#### [What is expected]
Of the lines listed below, return exactly those that run from the line containing "ram_fields = [];" through the line containing "move_words = change_words 200 100 21 100 20", both included.

Collected data
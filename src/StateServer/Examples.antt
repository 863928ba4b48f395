-- ===== src/StateServer/Examples.antt =====
-- An object of src/stateserver at concrete inputs.
use ardos.Prelude.{
  ◌≢◌, ◌++◌, ◌&&◌, not, ℕ, ◌≡◌, refl, true, false, none, some, inl, inr, List, [], ◌∷◌, arith, ◌==◌,
  if◌then◌else◌, Bool-cases,
}
use ardos.Prelude.Sets.{mem}
use ardos.Dc.{Dc}
use ardos.Net.Datagram.{Datagram, from_bytes}
use ardos.Net.DatagramIterator.Reads.{Holds}
use ardos.Net.Items.{start, empty-IsValid}
use ardos.Prelude.Words.{le_bytes}
use ardos.Prelude.Action.{stuck, ok, err, ◌>>=◌}
use ardos.Net.Datagram.{empty}
use ardos.Net.Datagram.Writes.{Appended, contents}
use ardos.Net.DatagramIterator.{DatagramIterator, advance, get_uint16, get_data, unpack_field}
use ardos.Net.DatagramIterator.Reads.{Reads-bind, Reads-map, get_data-Reads, get_uint16-Reads}
use ardos.StateServer.FieldMap.{FieldMap, find, value}
use ardos.StateServer.DistributedObject.{published}
use ardos.StateServer.DistributedObject.Calls.{IsMessage}
use ardos.StateServer.DistributedObject.Entries.{append_values, append_other_data}
use ardos.StateServer.DistributedObject.Fields.{handle_one_update, handle_one_get}
use ardos.StateServer.DistributedObject.Fields.Gets.{IsFlat, handle_one_get_ends}
use ardos.StateServer.DistributedObject.Fields.Updates.{
  IsUpdate, update_bytes, is_target, handle_one_update-Published, handle_one_get-handle_one_update,
}
use ardos.StateServer.DistributedObject.Location.{handle_location_change}
use ardos.StateServer.DistributedObject.Location.Announces.{InRange, Logged}
use ardos.StateServer.DistributedObject.Handle.{handle_datagram}
use ardos.StateServer.DistributedObject.Handshake.{changing_bytes, location-handshake}
use ardos.StateServer.DistributedObject.Life.{is_atomic_required, unpack_required, unpack_other}
use ardos.StateServer.DistributedObject.Life.Unpacks.{
  IsValue, AppendsTo, unpack_required-append_values,
}
use ardos.StateServer.DistributedObject.Life.Others.{unpack_other-append_other_data}
use ardos.StateServer.Server.Consistent.{Event, for_server, for_object}
use ardos.StateServer.ZoneObjects.{children}
use ardos.StateServer.DistributedObject.{DistributedObject, Call}
use ardos.StateServer.DistributedObject.Calls.{words}
use ardos.StateServer.DistributedObject.Life.{new_object}
use ardos.StateServer.DistributedObject.Children.{handle_changing_location}
use ardos.StateServer.DistributedObject.Children.Moves.{
  change_words, mem-children-handle_changing_location,
}
use ardos.StateServer.DistributedObject.History.{serve, born}
use ardos.StateServer.DistributedObject.History.Location.{IsListening, serve-born-IsPlaced}

-- One class, 7: field 0 has four bytes, is required and broadcast; field 1 has a length tag and is
-- kept in RAM, for the owner and the AI; field 2 is the two together.
abbrev toys : Dc
toys = record {
  has_fixed_byte_size = λ f. f == 0;
  fixed_byte_size = λ _. 4;
  num_length_bytes = λ f. if f == 1 then 2 else 0;
  nested_fields = λ f. if f == 2 then 0 ∷ 1 ∷ [] else [];
  depth = λ f. if f == 2 then 1 else 0;
  nested_lower = λ f. elim (Bool-cases (f == 2)) [
    | inl e ↦ rw e (omega arith, (omega arith, tt))
    | inr e ↦ rw e tt
  ];
  field_by_name = λ _ _. none;
  as_atomic_field = λ _. none;
  num_elements = λ _. 0;
  has_element_default = λ _ _. false;
  element_default_string = λ _ _. none;
  get_class = λ c. if c == 7 then some 7 else none;
  class_number = λ c. c;
  inherited_fields = λ _. 0 ∷ 1 ∷ 2 ∷ [];
  field_by_index =
      λ _ i. if i == 0 then some 0 else if i == 1 then some 1 else if i == 2 then some 2 else none;
  field_number = λ f. f;
  as_molecular_field = λ f. if f == 2 then some 2 else none;
  is_required = λ f. f == 0;
  is_ram = λ f. f == 1;
  is_broadcast = λ f. f == 0;
  is_clrecv = λ _. false;
  is_ownrecv = λ f. f == 1;
  is_airecv = λ f. f == 1;
  atomics = λ f. if f == 2 then 0 ∷ 1 ∷ [] else [];
}

abbrev toy : DistributedObject
toy = record {
  do_id = 100;
  parent_id = 50;
  zone_id = 3;
  dclass = 7;
  required_fields = (0, 1 ∷ 2 ∷ 3 ∷ 4 ∷ []) ∷ [];
  ram_fields = [];
  zone_objects = (20, 200 ∷ 201 ∷ []) ∷ (21, 202 ∷ []) ∷ [];
  ai_channel = 7000;
  owner_channel = 0;
  next_context = 0;
  ai_explicitly_set = true;
  parent_synchronized = false;
  pending_parent = 0;
  pending_zone = 0;
  pending_sender = 0;
}

-- Object 200 goes from zone 20 of object 100 to its zone 21.
abbrev move_words : List ℕ
move_words = change_words 200 100 21 100 20

abbrev move_call : Call
move_call = record { object = toy; log = []; dgi = start (from_bytes (words move_words)) }

move_call-Holds : Holds move_call.dgi (words move_words)
unfolding from_bytes
move_call-Holds = record { inside = omega arith; bytes = refl }

mem-children-handle_changing_location_example :
    mem 200 (children 21 (handle_changing_location move_call).1.object.zone_objects) ≡ true
mem-children-handle_changing_location_example =
    mem-children-handle_changing_location 200 100 21 100 20 move_call 200 21
      (omega arith, (omega arith, (omega arith, (omega arith, (omega arith, tt))))) move_call-Holds
      (refl, ((refl, (refl, tt)), (refl, ((refl, tt), tt)))) refl

abbrev first_datagram : Datagram
first_datagram = from_bytes (1 ∷ 0 ∷ [])

serve-born-IsPlaced_example :
    let c =
      serve toys
        (first_datagram ∷ [])
        (born toys (new_object toys 100 7 [] [] 50 3 9) first_datagram) in
    (c.object.do_id ≡ 100)
    × ((c.object.dclass ≡ 7)
        × (((c.object.parent_id == 100) ≡ false) × IsListening 100 c.object.parent_id c.log))
serve-born-IsPlaced_example =
    serve-born-IsPlaced toys 100 7 (omega arith) [] [] 50 3 9 first_datagram (first_datagram ∷ [])
      (omega arith)

-- An update of field 0, sent by 9.
abbrev update_call : Call
update_call = record {
  object = toy;
  log = [];
  dgi = start (from_bytes (0 ∷ 0 ∷ 5 ∷ 6 ∷ 7 ∷ 8 ∷ []));
}

abbrev update_end : DatagramIterator
update_end = advance 6 update_call.dgi

update_call-IsUpdate : IsUpdate toys update_call 0 0 (5 ∷ 6 ∷ 7 ∷ 8 ∷ []) update_end
unfolding from_bytes get_uint16 unpack_field
update_call-IsUpdate = record {
  number = refl;
  known = refl;
  single = refl;
  whole = refl;
  short = omega arith;
}

handle_one_update-Published_example :
    let r = handle_one_update toys 9 update_call in
    (r.0 ≡ ok true)
    × ((k : ℕ)
        → find k r.1.object.required_fields ≡ (
            if toys.is_required 0 && (k == 0)
            then some (5 ∷ 6 ∷ 7 ∷ 8 ∷ [])
            else find k toy.required_fields))
    × ((k : ℕ)
        → find k r.1.object.ram_fields ≡ (
            if not (toys.is_required 0) && (toys.is_ram 0 && (k == 0))
            then some (5 ∷ 6 ∷ 7 ∷ 8 ∷ [])
            else find k toy.ram_fields))
    × ((dg : Datagram) × ((targets : List ℕ) × ((r.1.log ≡ [] ++ published dg ∷ [])
            × (IsMessage dg (update_bytes toy 0 (5 ∷ 6 ∷ 7 ∷ 8 ∷ []) targets 9)
                × ((k : ℕ) → mem k targets ≡ is_target toys toy 0 9 k)))))
handle_one_update-Published_example =
    handle_one_update-Published toys update_call 9 0 0 (5 ∷ 6 ∷ 7 ∷ 8 ∷ []) update_end
      update_call-IsUpdate

handle_one_get-handle_one_update_example :
    let r =
      handle_one_get toys (handle_one_update toys 9 update_call).1.object 0 false false empty in
    (r.0 ≡ ok true) × (contents r.1 ≡ 0 ∷ 0 ∷ 5 ∷ 6 ∷ 7 ∷ 8 ∷ [])
handle_one_get-handle_one_update_example =
    handle_one_get-handle_one_update toys update_call 9 0 0 (5 ∷ 6 ∷ 7 ∷ 8 ∷ []) update_end false
      update_call-IsUpdate refl

-- Object 100 goes from zone 3 of object 50 to zone 4 of object 60.
abbrev host_call : Call
host_call = record {
  object = record toy { do_id = 60; zone_objects = [] };
  log = [];
  dgi = start (from_bytes []);
}

toy-InRange : InRange toy
toy-InRange = record {
  id = omega arith;
  parent = omega arith;
  zone = omega arith;
  ai = omega arith;
  owner = omega arith;
}

location-handshake_example :
    let moved = (handle_location_change toys 60 4 9 move_call).1 in
    (targets : List ℕ) × ((said : Datagram) × ((mem 60 targets ≡ true)
        × (IsMessage said (changing_bytes toys targets 100 60 4 50 3)
            × (Logged (published said) moved.log
                × (let told = (handle_datagram toys (record host_call { dgi = start said })).1 in
                    (mem 100 (children 4 told.object.zone_objects) ≡ true)
                    × ((ack : Datagram) × (Logged (published ack) told.log
                          × ((handle_datagram toys
                                (record moved { dgi = start ack })).1.object.parent_synchronized
                              ≡ true))))))))
location-handshake_example =
    location-handshake toys 9 4 move_call host_call toy-InRange (omega arith) (omega arith) refl
      refl refl

-- The values of the two fields.
four_bytes : IsValue toys 0 (1 ∷ 2 ∷ 3 ∷ 4 ∷ [])
unfolding unpack_field
four_bytes =
    Reads-map (get_data 4) (λ bytes. [] ++ bytes) (1 ∷ 2 ∷ 3 ∷ 4 ∷ []) (1 ∷ 2 ∷ 3 ∷ 4 ∷ [])
      (get_data-Reads (1 ∷ 2 ∷ 3 ∷ 4 ∷ []))

tagged_bytes : IsValue toys 1 (2 ∷ 0 ∷ 9 ∷ 8 ∷ [])
unfolding unpack_field
tagged_bytes =
    Reads-bind get_uint16 _ (2 ∷ 0 ∷ []) (9 ∷ 8 ∷ []) 2 (2 ∷ 0 ∷ 9 ∷ 8 ∷ [])
      (get_uint16-Reads 2 (omega arith))
      (Reads-map (get_data 2) (λ bytes. [] ++ (le_bytes 2 2 ++ bytes)) (9 ∷ 8 ∷ []) (9 ∷ 8 ∷ [])
        (get_data-Reads (9 ∷ 8 ∷ [])))

abbrev four_iterator : DatagramIterator
four_iterator = start (from_bytes (1 ∷ 2 ∷ 3 ∷ 4 ∷ []))

four_iterator-Holds : Holds four_iterator (1 ∷ 2 ∷ 3 ∷ 4 ∷ [])
unfolding from_bytes
four_iterator-Holds = record { inside = omega arith; bytes = refl }

unpack_required-append_values_example :
    AppendsTo toys empty
      (1 ∷ 2 ∷ 3 ∷ 4 ∷ [])
      move_call
      (append_values toys false false (0 ∷ 1 ∷ 2 ∷ []) empty move_call)
    × ((fs : FieldMap) × ((unpack_required toys (0 ∷ 1 ∷ 2 ∷ []) [] four_iterator
            ≡ (ok fs, advance 4 four_iterator))
          × ((k : ℕ)
              → find k fs ≡ (
                  if mem k (0 ∷ 1 ∷ 2 ∷ []) && is_atomic_required toys k
                  then some (value k toy.required_fields)
                  else none))))
unfolding empty
unpack_required-append_values_example =
    unpack_required-append_values toys (0 ∷ 1 ∷ 2 ∷ []) empty move_call four_iterator empty-IsValid
      (refl, (refl, (refl, tt)))
      ((λ _. four_bytes), ((λ h. absurd (cc h)), ((λ h. absurd (cc h)), tt))) (omega arith)
      four_iterator-Holds

-- An object with the RAM field.
abbrev full_call : Call
full_call = record {
  object = record toy { ram_fields = (1, 2 ∷ 0 ∷ 9 ∷ 8 ∷ []) ∷ [] };
  log = [];
  dgi = start (from_bytes (1 ∷ 0 ∷ 1 ∷ 0 ∷ 2 ∷ 0 ∷ 9 ∷ 8 ∷ []));
}

full_call-Holds : Holds full_call.dgi (1 ∷ 0 ∷ 1 ∷ 0 ∷ 2 ∷ 0 ∷ 9 ∷ 8 ∷ [])
unfolding from_bytes
full_call-Holds = record { inside = omega arith; bytes = refl }

unpack_other-append_other_data_example :
    ((dg' : Datagram) × ((append_other_data toys false false empty full_call ≡ (ok dg', full_call))
        × Appended empty (1 ∷ 0 ∷ 1 ∷ 0 ∷ 2 ∷ 0 ∷ 9 ∷ 8 ∷ []) (ok tt, dg')))
    × ((get_uint16 >>= λ count. unpack_other toys (toys.field_by_index 7) count []) full_call.dgi
        ≡ (ok ((1, 2 ∷ 0 ∷ 9 ∷ 8 ∷ []) ∷ []), advance 8 full_call.dgi))
unfolding empty
unpack_other-append_other_data_example =
    unpack_other-append_other_data toys (toys.field_by_index 7) empty full_call full_call.dgi
      empty-IsValid (tt, tt) (omega arith, (refl, (refl, (tagged_bytes, tt)))) (omega arith)
      (omega arith) full_call-Holds

-- CREATE_OBJECT_WITH_REQUIRED to a state server, for object 100 of class 7 at zone 3 of object 50, with
-- a value for field 0.
abbrev create_bytes : List ℕ
create_bytes =
    (1 ∷ le_bytes 8 4002)
    ++ (le_bytes 8 9
        ++ (le_bytes 2 2000
            ++ (words (100 ∷ 50 ∷ 3 ∷ []) ++ (le_bytes 2 7 ++ (5 ∷ 6 ∷ 7 ∷ 8 ∷ [])))))

-- DELETE_RAM to the object.
abbrev delete_bytes : List ℕ
delete_bytes = (1 ∷ le_bytes 8 100) ++ (le_bytes 8 9 ++ (le_bytes 2 2032 ++ words (100 ∷ [])))

abbrev events : List Event
events = for_server (from_bytes create_bytes) ∷ for_object 100 first_datagram ∷ []

toys-IsFlat : IsFlat toys 7
toys-IsFlat field molecular h = elim (Bool-cases (molecular == 2)) [
  | inl e ↦ rw e (
    (λ g at. let same : 0 ≡ g = cc at in rw⁻¹ same refl),
    ((λ g at. let same : 1 ≡ g = cc at in rw⁻¹ same refl), tt),
  )
  | inr e ↦ rw e tt
]

handle_one_get_ends_example : (handle_one_get toys toy 2 true false empty).0 ≢ err stuck
handle_one_get_ends_example = handle_one_get_ends toys toy 2 true false empty toys-IsFlat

#### [Solution for this problem]
  ram_fields = [];
  zone_objects = (20, 200 ∷ 201 ∷ []) ∷ (21, 202 ∷ []) ∷ [];
  ai_channel = 7000;
  owner_channel = 0;
  next_context = 0;
  ai_explicitly_set = true;
  parent_synchronized = false;
  pending_parent = 0;
  pending_zone = 0;
  pending_sender = 0;
}

-- Object 200 goes from zone 20 of object 100 to its zone 21.
abbrev move_words : List ℕ
move_words = change_words 200 100 21 100 20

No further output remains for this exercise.